# Grizzly G0619 Owner



## LX Kid (May 26, 2015)

I've had this beauty for about 3 or 4 years now and it has really worked well.  The only mod I've done was to add a shuttle to the table feed which I bought from "The Little Machine Shop."  The power feed is not shown installed at that time photo was taken.


----------



## LX Kid (May 26, 2015)

Been thinking of adding a DRO to my G0619 and was wondering if anyone has any suggestions for a complete 3-axis kit.   I don't really want one that uses my Android phone or tablet.  I'd like one that mounts to the mill.   Of course I would like to buy as inexpensive as possible and can't afford to sink a lot of money into one.  Maybe someone has a used one they would like to part with.


----------



## Franko (May 26, 2015)

Welcome to the forum, LX. 
Several of us have the G0619. There are several posts where members have installed DROs on them. 

Try searching "DRO G0619 in the search function at the top right of the pages.

Here is a link to my post about the installation of Absolute DROs I purchased from davidh, a member here, and a link to the post. You'll have to scroll down to close to the  bottom of the page.
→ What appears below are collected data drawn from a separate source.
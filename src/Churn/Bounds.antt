-- ===== src/Churn/Bounds.antt =====
-- The bounds on an accepted churn configuration.
use dragon_sniff.Prelude.{Bool, true, not, all, ◌≡◌, refl, arith}
use dragon_sniff.Prelude.Result.{Result, ok, ◌>>=◌, raise_if, or_raise, >>=-eq-ok}
use mathlib.Core.Path.{subst}
use dragon_sniff.Json.{Value, Fields, keys, fields_of, among}
use dragon_sniff.Runtime.{Runtime}
use dragon_sniff.Churn.{
  ChurnConfig, ChurnError, not_an_object, unknown_name, cycles_in_range, observe_in_range,
  events_in_range, delay_in_range, validate_churn, churn_of, churn_fields, churn_from_value,
}

pub record IsBounded (c : ChurnConfig) : Type 0 where
  pub cycles : cycles_in_range c.cycles ≡ true
  pub observe : observe_in_range c.observe_seconds ≡ true
  pub events : events_in_range c.max_events ≡ true
  pub delay : delay_in_range c.delay_seconds ≡ true

guards-eq-ok :
    (a b c d : Bool) (e f g h : ChurnError) {u : Unit {0}}
    → (raise_if (not a) e >>= λ _.
        raise_if (not b) f >>= λ _. raise_if (not c) g >>= λ _. raise_if (not d) h)
      ≡ ok u
    → (a ≡ true) × (b ≡ true) × (c ≡ true) × (d ≡ true)
guards-eq-ok a b c d e f g h eq = ground arith

validate_churn-IsBounded : (c : ChurnConfig) (u : Unit {0}) → validate_churn c ≡ ok u → IsBounded c
unfolding validate_churn
validate_churn-IsBounded c u h =
    let (a, b, d, e) =
      guards-eq-ok (cycles_in_range c.cycles) (observe_in_range c.observe_seconds)
        (events_in_range c.max_events) (delay_in_range c.delay_seconds) _ _ _ _ h in
    record { cycles = a; observe = b; events = d; delay = e }

ok-same : {a b : ChurnConfig} (r : Result ChurnError ChurnConfig) → r ≡ ok a → r ≡ ok b → a ≡ b
ok-same r h k = cc

-- A churn configuration that `from_value` returns has its cycles, observation, events and delay
-- within their ranges.
pub churn_from_value-IsBounded :
    (py : Runtime) (v : Value) (c : ChurnConfig) → churn_from_value py v ≡ ok c → IsBounded c
unfolding churn_from_value
churn_from_value-IsBounded py v c h =
    let (fs, _, h₁) =
      >>=-eq-ok (or_raise (fields_of v) not_an_object) (λ fs. known fs >>= λ _. checked fs) h in
    let (_, _, h₂) = >>=-eq-ok (known fs) (λ _. checked fs) h₁ in
    let (config, _, h₃) = >>=-eq-ok (churn_of py fs) (λ q. validate_churn q >>= λ _. ok q) h₂ in
    let (u, valid, same) = >>=-eq-ok (validate_churn config) (λ _. ok config) h₃ in
    subst IsBounded (ok-same (ok config) refl same) (validate_churn-IsBounded config u valid)
  where
    known : Fields → Result ChurnError (Unit {0})
    known fs = raise_if (not (all (among churn_fields) (keys fs))) unknown_name

    checked : Fields → Result ChurnError ChurnConfig
    checked fs = churn_of py fs >>= λ q. validate_churn q >>= λ _. ok q
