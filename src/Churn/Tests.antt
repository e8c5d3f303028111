-- ===== src/Churn/Tests.antt =====
-- Two cycles with the other settings left at their defaults, and none at all.
use dragon_sniff.Prelude.{[], ℕ, true, false, some, none, ◌≡◌, refl}
use dragon_sniff.Prelude.Int.{pos, ◌*ℤ◌}
use dragon_sniff.Prelude.Result.{ok, err}
use dragon_sniff.Json.{Value, int, float, num, obj, field, end, find, keys, num_le, num_eq}
use dragon_sniff.Runtime.{Runtime}
use dragon_sniff.Churn.{
  ChurnConfig, bad_cycles, tenth, default_churn, churn_config, churn_profiles, churn_profile_name,
  validate_churn, integer_field, seconds_field, churn_of, churn_from_value,
}
use dragon_sniff.Churn.Bounds
use dragon_sniff.Churn.Bounds.{IsBounded}

program : Unit {0}
unfolding ◌*ℤ◌ find keys num_le num_eq churn_profiles churn_profile_name validate_churn
    integer_field seconds_field churn_of churn_from_value
program = tt

abbrev py : Runtime
py = record {
  json_loads = λ line. none;
  json_dumps = λ value. [];
  json_pretty = λ value. [];
  toml_loads = λ text. none;
  sha256 = λ text. "digest";
  is_digit = λ token. false;
  int_of = λ token. none;
  subtract = λ a b. some a;
  divide = λ a b. float (pos a) b;
  ceil_ratio = λ a b. 0;
  times = λ a b. a;
  to_float = λ a. some a;
  strip = λ text. text;
  lower = λ text. text;
  decimal = λ n. "0";
  is_utf8 = λ text. true;
  uuid = λ text. some text;
  urlsplit = λ text. none;
}

abbrev with_cycles : ℕ → Value
with_cycles n = obj (field "cycles" (num (int (pos n))) end)

abbrev two : ChurnConfig
two = record default_churn { cycles = pos 2 }

accepts_two : churn_from_value py (with_cycles 2) ≡ ok two
unfolding program
accepts_two = refl

refuses_none : churn_from_value py (with_cycles 0) ≡ err bad_cycles
unfolding program
refuses_none = refl

stress : churn_profile_name (churn_config 20 (float (pos 20) 1) 10 tenth) ≡ "Stress"
unfolding program
stress = refl

churn_from_value-IsBounded_example : IsBounded two
churn_from_value-IsBounded_example =
    Bounds.churn_from_value-IsBounded py (with_cycles 2) two accepts_two
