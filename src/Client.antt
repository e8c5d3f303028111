-- ===== src/Client.antt =====
-- The client of the device: src/dragonsniff/client.py.
pub mod Budget
pub mod Parsed
pub mod Fetch
pub mod Sse
mod Tests
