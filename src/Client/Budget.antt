-- ===== src/Client/Budget.antt =====
-- `ConnectionBudget` of src/dragonsniff/client.py: each thread takes a permit of the semaphore, counts
-- itself as active, and gives both back in the opposite order. A step is one of these four.
pub mod Bounded
use dragon_sniff.Prelude.{ℕ, suc, ◌+◌, ◌≡◌, Option, none, some, ltb, if◌then◌else◌}

-- The permits that are left, and the threads by how far they are in `lease`.
pub record Permits : Type 0 where
  pub free : ℕ
  pub acquired : ℕ
  pub active : ℕ
  pub returning : ℕ

-- `__init__`; a limit of 0 raises.
unfoldable pub new_budget : ℕ → Option Permits
new_budget limit =
    if ltb limit 1
    then none
    else some (record { free = limit; acquired = 0; active = 0; returning = 0 })

pub data LeaseStep : Permits → Permits → Type 0 where
  -- `acquire`; where no permit is left the thread waits, and raises TimeoutError in the end
  acquires :
      {f a n r : ℕ}
      → LeaseStep
          (record { free = suc f; acquired = a; active = n; returning = r })
          (record { free = f; acquired = suc a; active = n; returning = r })
  counts :
      {f a n r : ℕ}
      → LeaseStep
          (record { free = f; acquired = suc a; active = n; returning = r })
          (record { free = f; acquired = a; active = suc n; returning = r })
  uncounts :
      {f a n r : ℕ}
      → LeaseStep
          (record { free = f; acquired = a; active = suc n; returning = r })
          (record { free = f; acquired = a; active = n; returning = suc r })
  releases :
      {f a n r : ℕ}
      → LeaseStep
          (record { free = f; acquired = a; active = n; returning = suc r })
          (record { free = suc f; acquired = a; active = n; returning = r })

pub data Leases (limit : ℕ) : Permits → Type 0 where
  fresh_budget : {p : Permits} → new_budget limit ≡ some p → Leases limit p
  later : {p q : Permits} → Leases limit p → LeaseStep p q → Leases limit q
David is a great guy and offers a very good price on DROs.

http://www.hobby-machinist.com/thre...in-your-shop-today.14637/page-158#post-286510


----------



## Former Member - WoodNDust (Jun 2, 2015)

Cool mill.  How does the G0619 compare to the G0704 (size, capacity, etc.)?


----------



## LX Kid (Jun 7, 2015)

WoodNDust said:


> Cool mill.  How does the G0619 compare to the G0704?
> Sent from my iPhone using Tapatalk



There's quite a bit of difference in functions between the two.  One of the biggest, in my opinion, is that it's a little heavier machine.  With the added features for the cost difference I think it's a good deal.  You will have to go to Grizzly  web site and print out the two spec sheets to see differences.  I started to go with the G0704 and am glad I didn't.  ("You pay less you get less!")  Anyway I don't have the floor space for anything larger and  heavier might fall thru my shops floor joists!  LoL


----------



## bpratl (Jun 7, 2015)

I added a 3 axis glass scale DRO to my G0619 two years ago and it has been flawless since.
I am now in the process of adding a pump oiling system and CNC control
	

		
			
		

		
	




	

		
			
		

		
	
 to the 619.


----------



## Former Member - WoodNDust (Jun 7, 2015)

LX Kid said:


> There's quite a bit of difference in functions between the two.  One of the biggest, in my opinion, is that it's a little heavier machine.  With the added features for the cost difference I think it's a good deal.  You will have to go to Grizzly  web site and print out the two spec sheets to see differences.  I started to go with the G0704 and am glad I didn't.  ("You pay less you get less!")  Anyway I don't have the floor space for anything larger and  heavier might fall thru my shops floor joists!  LoL



Thanks LX for the feedback.  I'm looking at mills, trying to figure out which way to go.  There are so many choices.  I would like a descent manual mill that I can use to machine parts to convert it to CNC, OR maybe I'll buy a CNC upfront, such as the PM-45 CNC.


----------